**WHAT THE EXERCISE ASKS:** Find the line containing "-- ===== src/Auth/Server/Effects.antt" in the records below. Copy exactly that line and each one after it, ending at the line containing "without fd (x", and nothing more.

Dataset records
====
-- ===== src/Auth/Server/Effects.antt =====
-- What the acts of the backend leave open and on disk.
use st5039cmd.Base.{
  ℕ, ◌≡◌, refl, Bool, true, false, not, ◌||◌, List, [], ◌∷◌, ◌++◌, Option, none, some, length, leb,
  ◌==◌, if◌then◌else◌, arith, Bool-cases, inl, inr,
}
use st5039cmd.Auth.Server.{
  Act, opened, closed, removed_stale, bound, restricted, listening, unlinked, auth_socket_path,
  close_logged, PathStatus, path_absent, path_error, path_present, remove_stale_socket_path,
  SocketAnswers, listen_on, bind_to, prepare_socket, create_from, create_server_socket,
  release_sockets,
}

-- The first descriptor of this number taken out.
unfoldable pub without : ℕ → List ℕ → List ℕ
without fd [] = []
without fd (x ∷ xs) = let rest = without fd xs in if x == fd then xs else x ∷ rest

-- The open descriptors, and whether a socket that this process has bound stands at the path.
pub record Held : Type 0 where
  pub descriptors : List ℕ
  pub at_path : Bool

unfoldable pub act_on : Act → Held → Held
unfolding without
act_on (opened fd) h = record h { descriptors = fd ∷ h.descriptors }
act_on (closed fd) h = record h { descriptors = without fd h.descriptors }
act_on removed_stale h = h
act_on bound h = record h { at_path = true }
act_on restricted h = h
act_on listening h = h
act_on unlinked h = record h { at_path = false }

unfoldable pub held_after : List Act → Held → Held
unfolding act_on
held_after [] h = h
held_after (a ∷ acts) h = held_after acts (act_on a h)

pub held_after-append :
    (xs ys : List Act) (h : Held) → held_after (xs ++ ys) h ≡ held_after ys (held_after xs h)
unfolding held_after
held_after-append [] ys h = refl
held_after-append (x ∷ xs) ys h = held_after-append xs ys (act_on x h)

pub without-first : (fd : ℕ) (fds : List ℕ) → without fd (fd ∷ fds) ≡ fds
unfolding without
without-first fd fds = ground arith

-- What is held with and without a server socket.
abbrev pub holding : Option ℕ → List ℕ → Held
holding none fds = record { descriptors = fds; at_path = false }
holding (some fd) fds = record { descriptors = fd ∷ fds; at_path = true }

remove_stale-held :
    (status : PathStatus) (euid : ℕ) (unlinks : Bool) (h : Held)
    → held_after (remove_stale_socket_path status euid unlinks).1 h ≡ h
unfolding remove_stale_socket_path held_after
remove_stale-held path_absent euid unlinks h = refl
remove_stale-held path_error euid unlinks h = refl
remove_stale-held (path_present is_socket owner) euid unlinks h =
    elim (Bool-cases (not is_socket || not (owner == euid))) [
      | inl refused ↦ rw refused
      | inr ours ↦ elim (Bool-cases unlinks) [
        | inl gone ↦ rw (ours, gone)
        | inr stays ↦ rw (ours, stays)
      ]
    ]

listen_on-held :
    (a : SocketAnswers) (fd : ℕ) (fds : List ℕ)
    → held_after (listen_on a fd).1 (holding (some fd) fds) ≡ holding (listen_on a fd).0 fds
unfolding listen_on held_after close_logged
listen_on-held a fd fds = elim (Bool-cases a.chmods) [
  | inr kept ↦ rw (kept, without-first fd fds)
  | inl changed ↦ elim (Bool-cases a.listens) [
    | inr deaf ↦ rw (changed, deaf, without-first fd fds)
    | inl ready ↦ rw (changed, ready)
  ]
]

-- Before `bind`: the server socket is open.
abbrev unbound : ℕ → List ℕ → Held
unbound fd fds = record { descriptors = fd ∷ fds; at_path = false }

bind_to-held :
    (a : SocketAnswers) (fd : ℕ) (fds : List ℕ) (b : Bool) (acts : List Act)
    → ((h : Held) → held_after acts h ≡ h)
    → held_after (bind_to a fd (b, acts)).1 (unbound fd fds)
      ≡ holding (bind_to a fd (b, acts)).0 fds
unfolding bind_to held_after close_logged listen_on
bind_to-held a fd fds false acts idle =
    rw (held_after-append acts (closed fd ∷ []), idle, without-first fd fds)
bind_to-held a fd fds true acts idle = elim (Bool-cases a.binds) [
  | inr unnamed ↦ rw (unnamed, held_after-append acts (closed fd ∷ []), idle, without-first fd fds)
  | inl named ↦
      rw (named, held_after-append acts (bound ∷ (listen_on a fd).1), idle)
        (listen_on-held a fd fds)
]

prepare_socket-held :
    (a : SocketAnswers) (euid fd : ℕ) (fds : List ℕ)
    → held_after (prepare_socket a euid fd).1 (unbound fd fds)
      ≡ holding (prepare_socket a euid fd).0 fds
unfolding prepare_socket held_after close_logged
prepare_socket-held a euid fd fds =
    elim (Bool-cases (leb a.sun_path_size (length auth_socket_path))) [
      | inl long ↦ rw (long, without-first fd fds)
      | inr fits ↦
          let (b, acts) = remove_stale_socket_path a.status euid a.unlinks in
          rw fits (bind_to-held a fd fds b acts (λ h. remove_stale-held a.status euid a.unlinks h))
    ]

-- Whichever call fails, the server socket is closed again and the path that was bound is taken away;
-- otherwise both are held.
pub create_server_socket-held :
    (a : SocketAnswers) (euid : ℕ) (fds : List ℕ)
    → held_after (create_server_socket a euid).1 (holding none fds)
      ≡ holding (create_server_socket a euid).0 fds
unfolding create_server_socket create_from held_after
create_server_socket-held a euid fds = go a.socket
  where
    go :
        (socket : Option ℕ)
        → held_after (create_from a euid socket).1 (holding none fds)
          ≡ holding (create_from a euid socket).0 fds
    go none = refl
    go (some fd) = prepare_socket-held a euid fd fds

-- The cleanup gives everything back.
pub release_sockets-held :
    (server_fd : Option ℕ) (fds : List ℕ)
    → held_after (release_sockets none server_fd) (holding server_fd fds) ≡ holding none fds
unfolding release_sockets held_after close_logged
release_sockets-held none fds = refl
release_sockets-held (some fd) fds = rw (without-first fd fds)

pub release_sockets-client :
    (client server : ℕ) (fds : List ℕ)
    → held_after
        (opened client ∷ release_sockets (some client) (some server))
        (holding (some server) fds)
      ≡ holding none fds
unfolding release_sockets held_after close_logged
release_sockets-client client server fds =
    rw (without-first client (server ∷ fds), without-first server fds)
====
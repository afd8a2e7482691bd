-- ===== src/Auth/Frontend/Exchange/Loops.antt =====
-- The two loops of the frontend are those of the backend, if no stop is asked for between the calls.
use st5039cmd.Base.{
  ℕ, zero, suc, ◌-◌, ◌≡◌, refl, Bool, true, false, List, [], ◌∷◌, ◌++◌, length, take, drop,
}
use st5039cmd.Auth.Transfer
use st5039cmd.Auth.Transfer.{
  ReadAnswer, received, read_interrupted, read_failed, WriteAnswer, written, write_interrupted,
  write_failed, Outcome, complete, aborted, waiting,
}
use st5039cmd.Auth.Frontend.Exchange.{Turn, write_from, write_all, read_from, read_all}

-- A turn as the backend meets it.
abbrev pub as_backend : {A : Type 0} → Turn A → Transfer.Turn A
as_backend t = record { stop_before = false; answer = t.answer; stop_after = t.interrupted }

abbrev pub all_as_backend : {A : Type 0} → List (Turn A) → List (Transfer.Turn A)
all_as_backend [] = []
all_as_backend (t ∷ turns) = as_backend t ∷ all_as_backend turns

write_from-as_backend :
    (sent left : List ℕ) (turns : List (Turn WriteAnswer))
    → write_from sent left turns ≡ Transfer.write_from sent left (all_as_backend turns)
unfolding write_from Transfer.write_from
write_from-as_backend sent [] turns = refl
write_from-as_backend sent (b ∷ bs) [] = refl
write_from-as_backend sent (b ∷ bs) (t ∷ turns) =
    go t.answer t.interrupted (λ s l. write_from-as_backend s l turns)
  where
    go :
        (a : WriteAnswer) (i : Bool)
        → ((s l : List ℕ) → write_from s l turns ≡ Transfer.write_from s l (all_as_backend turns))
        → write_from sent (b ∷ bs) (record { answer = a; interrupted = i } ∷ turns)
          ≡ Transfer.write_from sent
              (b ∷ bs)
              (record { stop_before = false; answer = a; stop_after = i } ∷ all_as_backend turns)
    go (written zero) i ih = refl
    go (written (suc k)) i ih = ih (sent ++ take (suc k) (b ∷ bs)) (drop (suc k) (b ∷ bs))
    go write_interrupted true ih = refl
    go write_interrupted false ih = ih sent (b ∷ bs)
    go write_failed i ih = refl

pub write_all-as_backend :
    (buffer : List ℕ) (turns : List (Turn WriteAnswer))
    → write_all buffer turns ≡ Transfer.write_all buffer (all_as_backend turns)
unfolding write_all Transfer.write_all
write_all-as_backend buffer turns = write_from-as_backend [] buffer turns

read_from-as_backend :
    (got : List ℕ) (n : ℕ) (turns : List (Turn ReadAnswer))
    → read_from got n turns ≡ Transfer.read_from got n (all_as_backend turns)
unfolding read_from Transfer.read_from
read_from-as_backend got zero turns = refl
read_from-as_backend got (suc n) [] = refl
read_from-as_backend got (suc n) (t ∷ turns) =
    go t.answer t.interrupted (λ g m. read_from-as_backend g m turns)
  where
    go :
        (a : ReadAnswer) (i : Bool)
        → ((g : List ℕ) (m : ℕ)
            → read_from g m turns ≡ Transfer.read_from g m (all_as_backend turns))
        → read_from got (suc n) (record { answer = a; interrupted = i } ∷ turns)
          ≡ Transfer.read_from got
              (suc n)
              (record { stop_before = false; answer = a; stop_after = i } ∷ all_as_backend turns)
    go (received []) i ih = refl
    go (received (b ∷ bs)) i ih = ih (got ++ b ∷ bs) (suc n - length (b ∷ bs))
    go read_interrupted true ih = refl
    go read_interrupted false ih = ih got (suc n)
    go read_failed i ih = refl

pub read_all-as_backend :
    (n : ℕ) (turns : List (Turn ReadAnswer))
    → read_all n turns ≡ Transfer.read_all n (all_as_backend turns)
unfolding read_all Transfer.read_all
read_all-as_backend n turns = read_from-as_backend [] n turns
====
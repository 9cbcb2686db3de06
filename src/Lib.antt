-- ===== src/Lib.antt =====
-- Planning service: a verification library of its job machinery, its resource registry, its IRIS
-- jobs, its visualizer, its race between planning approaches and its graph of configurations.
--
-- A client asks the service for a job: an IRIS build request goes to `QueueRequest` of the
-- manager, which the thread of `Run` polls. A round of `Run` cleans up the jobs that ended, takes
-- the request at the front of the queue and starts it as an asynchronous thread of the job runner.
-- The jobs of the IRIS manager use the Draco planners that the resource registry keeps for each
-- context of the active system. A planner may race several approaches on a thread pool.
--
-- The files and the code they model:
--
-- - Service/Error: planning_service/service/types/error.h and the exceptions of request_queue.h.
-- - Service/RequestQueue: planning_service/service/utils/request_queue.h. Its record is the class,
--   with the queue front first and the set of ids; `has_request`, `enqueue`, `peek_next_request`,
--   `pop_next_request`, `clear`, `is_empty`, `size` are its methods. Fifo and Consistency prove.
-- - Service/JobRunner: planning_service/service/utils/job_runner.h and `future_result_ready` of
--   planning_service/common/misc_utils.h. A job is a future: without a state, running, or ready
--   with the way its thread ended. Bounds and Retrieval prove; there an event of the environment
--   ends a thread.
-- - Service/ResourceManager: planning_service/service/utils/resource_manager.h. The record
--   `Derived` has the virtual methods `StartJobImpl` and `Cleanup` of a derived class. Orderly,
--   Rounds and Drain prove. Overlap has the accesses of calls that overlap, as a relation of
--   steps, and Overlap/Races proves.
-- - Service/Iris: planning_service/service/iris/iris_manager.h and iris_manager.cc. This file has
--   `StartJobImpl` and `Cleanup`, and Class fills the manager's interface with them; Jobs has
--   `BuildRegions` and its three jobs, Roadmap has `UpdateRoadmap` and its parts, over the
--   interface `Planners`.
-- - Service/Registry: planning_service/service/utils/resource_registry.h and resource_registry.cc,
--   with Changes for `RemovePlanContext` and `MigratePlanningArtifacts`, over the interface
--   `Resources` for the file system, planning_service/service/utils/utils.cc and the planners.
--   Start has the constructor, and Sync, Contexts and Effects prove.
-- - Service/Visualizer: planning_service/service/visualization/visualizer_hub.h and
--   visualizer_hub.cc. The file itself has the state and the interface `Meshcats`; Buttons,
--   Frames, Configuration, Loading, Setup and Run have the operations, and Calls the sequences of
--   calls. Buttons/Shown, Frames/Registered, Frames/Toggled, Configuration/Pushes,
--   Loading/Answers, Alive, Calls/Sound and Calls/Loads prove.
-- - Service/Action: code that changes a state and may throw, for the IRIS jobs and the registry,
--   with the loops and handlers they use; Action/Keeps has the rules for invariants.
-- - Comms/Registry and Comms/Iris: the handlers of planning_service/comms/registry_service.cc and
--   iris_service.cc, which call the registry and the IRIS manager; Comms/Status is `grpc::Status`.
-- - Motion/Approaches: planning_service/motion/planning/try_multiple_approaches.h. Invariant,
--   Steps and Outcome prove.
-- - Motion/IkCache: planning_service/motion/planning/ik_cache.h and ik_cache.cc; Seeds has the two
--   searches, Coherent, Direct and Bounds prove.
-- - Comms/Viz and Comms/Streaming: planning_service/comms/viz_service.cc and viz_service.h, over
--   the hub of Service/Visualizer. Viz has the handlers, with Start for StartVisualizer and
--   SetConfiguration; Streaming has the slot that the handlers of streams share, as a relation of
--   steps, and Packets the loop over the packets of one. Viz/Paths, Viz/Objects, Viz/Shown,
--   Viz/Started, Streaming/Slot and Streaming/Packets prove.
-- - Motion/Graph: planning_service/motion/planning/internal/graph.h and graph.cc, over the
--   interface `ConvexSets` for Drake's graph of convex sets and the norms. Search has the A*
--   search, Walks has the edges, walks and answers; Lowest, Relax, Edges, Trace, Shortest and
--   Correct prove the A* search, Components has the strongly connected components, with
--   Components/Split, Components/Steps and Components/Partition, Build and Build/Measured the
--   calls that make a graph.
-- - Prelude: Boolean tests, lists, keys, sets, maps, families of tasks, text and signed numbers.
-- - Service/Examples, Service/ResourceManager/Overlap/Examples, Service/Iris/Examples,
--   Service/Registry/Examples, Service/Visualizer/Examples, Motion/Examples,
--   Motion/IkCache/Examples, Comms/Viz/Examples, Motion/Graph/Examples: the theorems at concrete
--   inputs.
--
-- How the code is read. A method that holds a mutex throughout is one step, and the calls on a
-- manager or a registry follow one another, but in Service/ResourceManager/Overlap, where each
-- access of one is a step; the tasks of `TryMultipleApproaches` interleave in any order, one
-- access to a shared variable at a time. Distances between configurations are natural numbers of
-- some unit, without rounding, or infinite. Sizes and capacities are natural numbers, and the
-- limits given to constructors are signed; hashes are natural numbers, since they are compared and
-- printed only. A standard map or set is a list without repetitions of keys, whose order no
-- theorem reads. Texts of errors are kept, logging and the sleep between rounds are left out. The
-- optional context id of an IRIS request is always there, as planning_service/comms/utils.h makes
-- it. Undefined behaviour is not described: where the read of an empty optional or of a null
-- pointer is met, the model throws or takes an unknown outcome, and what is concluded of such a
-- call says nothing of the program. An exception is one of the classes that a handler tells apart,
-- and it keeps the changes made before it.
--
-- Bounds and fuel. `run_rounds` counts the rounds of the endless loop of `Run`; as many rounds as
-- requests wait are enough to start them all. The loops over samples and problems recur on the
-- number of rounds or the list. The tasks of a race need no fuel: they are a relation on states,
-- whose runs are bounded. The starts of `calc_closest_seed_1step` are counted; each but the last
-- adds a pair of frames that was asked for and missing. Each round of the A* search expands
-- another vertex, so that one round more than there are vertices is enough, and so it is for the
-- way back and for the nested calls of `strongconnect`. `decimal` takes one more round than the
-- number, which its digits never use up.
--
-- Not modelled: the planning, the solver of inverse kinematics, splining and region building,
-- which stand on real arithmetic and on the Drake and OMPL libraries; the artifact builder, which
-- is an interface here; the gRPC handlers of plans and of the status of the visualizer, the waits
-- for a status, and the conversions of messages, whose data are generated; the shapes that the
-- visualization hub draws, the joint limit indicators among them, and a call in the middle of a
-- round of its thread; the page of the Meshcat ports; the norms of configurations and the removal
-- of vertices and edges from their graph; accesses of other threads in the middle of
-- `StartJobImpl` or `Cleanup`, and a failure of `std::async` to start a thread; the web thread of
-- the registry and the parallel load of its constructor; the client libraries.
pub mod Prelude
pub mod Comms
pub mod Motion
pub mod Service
====
**SOLUTION TO THIS EXERCISE:**
-- ===== src/Auth/Server/Effects.antt =====
-- What the acts of the backend leave open and on disk.
use st5039cmd.Base.{
  ℕ, ◌≡◌, refl, Bool, true, false, not, ◌||◌, List, [], ◌∷◌, ◌++◌, Option, none, some, length, leb,
  ◌==◌, if◌then◌else◌, arith, Bool-cases, inl, inr,
}
use st5039cmd.Auth.Server.{
  Act, opened, closed, removed_stale, bound, restricted, listening, unlinked, auth_socket_path,
  close_logged, PathStatus, path_absent, path_error, path_present, remove_stale_socket_path,
  SocketAnswers, listen_on, bind_to, prepare_socket, create_from, create_server_socket,
  release_sockets,
}

-- The first descriptor of this number taken out.
unfoldable pub without : ℕ → List ℕ → List ℕ
without fd [] = []
without fd (x ∷ xs) = let rest = without fd xs in if x == fd then xs else x ∷ rest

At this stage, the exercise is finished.